Collected data entries:

■ ■ ■ ■

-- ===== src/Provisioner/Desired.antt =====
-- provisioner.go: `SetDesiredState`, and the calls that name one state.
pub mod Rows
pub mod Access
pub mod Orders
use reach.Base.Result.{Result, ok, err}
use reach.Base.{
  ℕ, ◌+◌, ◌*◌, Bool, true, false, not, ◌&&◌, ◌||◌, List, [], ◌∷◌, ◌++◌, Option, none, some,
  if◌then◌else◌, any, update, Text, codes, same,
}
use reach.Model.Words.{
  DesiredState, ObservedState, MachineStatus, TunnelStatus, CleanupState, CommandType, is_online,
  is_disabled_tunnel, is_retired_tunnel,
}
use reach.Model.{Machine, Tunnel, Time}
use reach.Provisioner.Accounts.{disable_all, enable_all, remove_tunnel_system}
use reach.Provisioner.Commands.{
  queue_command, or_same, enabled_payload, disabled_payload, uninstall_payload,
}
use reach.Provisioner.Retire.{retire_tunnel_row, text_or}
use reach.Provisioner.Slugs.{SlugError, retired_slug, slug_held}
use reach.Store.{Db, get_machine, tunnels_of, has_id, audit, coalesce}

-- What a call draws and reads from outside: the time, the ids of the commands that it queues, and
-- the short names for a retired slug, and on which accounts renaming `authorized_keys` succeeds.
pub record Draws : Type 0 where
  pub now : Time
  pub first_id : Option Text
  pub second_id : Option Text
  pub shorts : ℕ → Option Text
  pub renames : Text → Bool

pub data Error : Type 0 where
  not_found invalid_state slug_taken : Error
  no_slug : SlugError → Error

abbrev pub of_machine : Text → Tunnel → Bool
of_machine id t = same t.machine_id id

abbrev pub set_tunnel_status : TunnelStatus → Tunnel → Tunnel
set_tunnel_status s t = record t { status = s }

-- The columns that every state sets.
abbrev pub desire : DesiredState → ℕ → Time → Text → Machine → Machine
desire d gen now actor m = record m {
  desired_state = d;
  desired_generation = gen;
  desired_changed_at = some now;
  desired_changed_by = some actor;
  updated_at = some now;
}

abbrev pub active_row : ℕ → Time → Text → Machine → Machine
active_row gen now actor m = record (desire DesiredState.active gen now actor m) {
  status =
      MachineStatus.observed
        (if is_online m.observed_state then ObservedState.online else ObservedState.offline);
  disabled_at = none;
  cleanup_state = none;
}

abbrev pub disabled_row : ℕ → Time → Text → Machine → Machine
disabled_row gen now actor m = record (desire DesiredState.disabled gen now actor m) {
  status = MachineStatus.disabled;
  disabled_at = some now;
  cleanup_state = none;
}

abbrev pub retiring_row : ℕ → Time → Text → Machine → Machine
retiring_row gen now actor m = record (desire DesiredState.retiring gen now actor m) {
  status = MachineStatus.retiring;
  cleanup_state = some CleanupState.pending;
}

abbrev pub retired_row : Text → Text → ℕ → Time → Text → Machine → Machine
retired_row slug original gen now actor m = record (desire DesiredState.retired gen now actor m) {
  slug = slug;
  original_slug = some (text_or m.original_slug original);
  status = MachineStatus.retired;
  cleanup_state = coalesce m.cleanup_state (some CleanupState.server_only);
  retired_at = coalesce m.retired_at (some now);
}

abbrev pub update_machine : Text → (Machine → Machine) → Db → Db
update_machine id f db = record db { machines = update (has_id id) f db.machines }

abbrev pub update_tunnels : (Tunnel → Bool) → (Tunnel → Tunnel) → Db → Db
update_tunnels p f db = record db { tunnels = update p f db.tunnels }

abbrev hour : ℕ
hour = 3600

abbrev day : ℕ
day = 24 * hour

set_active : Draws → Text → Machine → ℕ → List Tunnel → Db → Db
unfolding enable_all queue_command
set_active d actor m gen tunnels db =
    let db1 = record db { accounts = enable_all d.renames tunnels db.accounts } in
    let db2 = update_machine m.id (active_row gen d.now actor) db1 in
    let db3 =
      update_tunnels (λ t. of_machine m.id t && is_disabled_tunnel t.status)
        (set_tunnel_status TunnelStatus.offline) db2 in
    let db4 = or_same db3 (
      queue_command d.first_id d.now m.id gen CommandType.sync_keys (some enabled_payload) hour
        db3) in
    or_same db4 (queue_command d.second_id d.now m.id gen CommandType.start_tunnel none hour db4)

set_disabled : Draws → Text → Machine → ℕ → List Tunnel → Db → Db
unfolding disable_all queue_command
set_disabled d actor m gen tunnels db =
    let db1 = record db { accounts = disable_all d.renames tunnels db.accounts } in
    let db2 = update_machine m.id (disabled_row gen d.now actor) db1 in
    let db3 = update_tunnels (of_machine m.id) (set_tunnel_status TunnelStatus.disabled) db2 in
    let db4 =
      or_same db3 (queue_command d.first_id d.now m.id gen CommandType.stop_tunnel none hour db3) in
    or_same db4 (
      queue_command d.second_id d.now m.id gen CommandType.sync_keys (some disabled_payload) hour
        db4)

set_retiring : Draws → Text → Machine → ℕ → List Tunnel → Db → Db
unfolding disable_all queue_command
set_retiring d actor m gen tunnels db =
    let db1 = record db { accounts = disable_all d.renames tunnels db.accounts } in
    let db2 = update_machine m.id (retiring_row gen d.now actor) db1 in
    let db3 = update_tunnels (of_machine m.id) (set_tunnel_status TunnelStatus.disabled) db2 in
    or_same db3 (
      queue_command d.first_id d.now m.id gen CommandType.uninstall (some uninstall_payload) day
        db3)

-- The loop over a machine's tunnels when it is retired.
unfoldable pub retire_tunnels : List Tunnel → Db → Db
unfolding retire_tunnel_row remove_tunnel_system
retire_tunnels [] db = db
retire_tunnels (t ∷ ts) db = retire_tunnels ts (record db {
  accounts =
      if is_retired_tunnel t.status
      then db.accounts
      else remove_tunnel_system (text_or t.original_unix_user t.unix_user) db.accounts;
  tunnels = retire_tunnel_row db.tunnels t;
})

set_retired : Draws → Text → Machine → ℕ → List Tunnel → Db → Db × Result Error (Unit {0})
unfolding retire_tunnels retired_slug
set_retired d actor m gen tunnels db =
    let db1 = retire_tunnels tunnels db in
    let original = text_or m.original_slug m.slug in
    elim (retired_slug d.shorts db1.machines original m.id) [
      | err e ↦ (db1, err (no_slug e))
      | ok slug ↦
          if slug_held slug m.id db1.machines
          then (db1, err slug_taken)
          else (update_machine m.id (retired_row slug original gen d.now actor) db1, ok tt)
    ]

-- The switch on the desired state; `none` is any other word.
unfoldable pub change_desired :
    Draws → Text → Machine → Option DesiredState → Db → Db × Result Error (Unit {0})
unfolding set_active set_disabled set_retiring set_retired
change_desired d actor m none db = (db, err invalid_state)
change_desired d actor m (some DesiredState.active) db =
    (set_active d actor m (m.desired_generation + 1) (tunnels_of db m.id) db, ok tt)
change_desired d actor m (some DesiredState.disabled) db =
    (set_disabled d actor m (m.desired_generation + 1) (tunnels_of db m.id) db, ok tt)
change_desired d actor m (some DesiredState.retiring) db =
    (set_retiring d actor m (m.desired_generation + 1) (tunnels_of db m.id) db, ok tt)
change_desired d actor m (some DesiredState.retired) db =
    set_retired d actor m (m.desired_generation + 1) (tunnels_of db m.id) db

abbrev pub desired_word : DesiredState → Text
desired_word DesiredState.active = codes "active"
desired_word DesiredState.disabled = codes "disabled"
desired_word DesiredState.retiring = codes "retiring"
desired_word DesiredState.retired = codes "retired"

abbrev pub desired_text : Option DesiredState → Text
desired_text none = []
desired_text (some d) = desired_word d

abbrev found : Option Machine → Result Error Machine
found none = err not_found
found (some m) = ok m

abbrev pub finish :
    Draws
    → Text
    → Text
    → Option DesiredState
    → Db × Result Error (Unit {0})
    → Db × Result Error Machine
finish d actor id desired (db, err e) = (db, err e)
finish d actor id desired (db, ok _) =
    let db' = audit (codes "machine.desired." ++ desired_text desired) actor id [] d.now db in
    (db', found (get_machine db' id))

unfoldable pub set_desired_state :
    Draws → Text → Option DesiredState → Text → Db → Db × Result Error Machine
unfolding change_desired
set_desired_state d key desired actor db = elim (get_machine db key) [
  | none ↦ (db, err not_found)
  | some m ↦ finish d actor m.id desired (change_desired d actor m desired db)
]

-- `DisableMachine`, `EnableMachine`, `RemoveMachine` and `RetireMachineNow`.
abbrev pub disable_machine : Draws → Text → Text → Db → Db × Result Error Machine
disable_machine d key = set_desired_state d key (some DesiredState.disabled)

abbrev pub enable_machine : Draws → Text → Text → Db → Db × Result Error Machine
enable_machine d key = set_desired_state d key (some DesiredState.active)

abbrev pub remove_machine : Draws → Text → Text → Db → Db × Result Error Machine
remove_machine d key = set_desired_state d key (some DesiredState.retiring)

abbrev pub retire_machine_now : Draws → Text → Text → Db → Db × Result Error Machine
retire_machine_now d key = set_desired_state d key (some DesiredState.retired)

■ ■ ■ ■

■ **TASK TO CARRY OUT**: Copy out every line in the records where the word "Unit" is found.

■ **REPLY TO THE EXERCISE**:
set_retired : Draws → Text → Machine → ℕ → List Tunnel → Db → Db × Result Error (Unit {0})
    Draws → Text → Machine → Option DesiredState → Db → Db × Result Error (Unit {0})
    → Db × Result Error (Unit {0})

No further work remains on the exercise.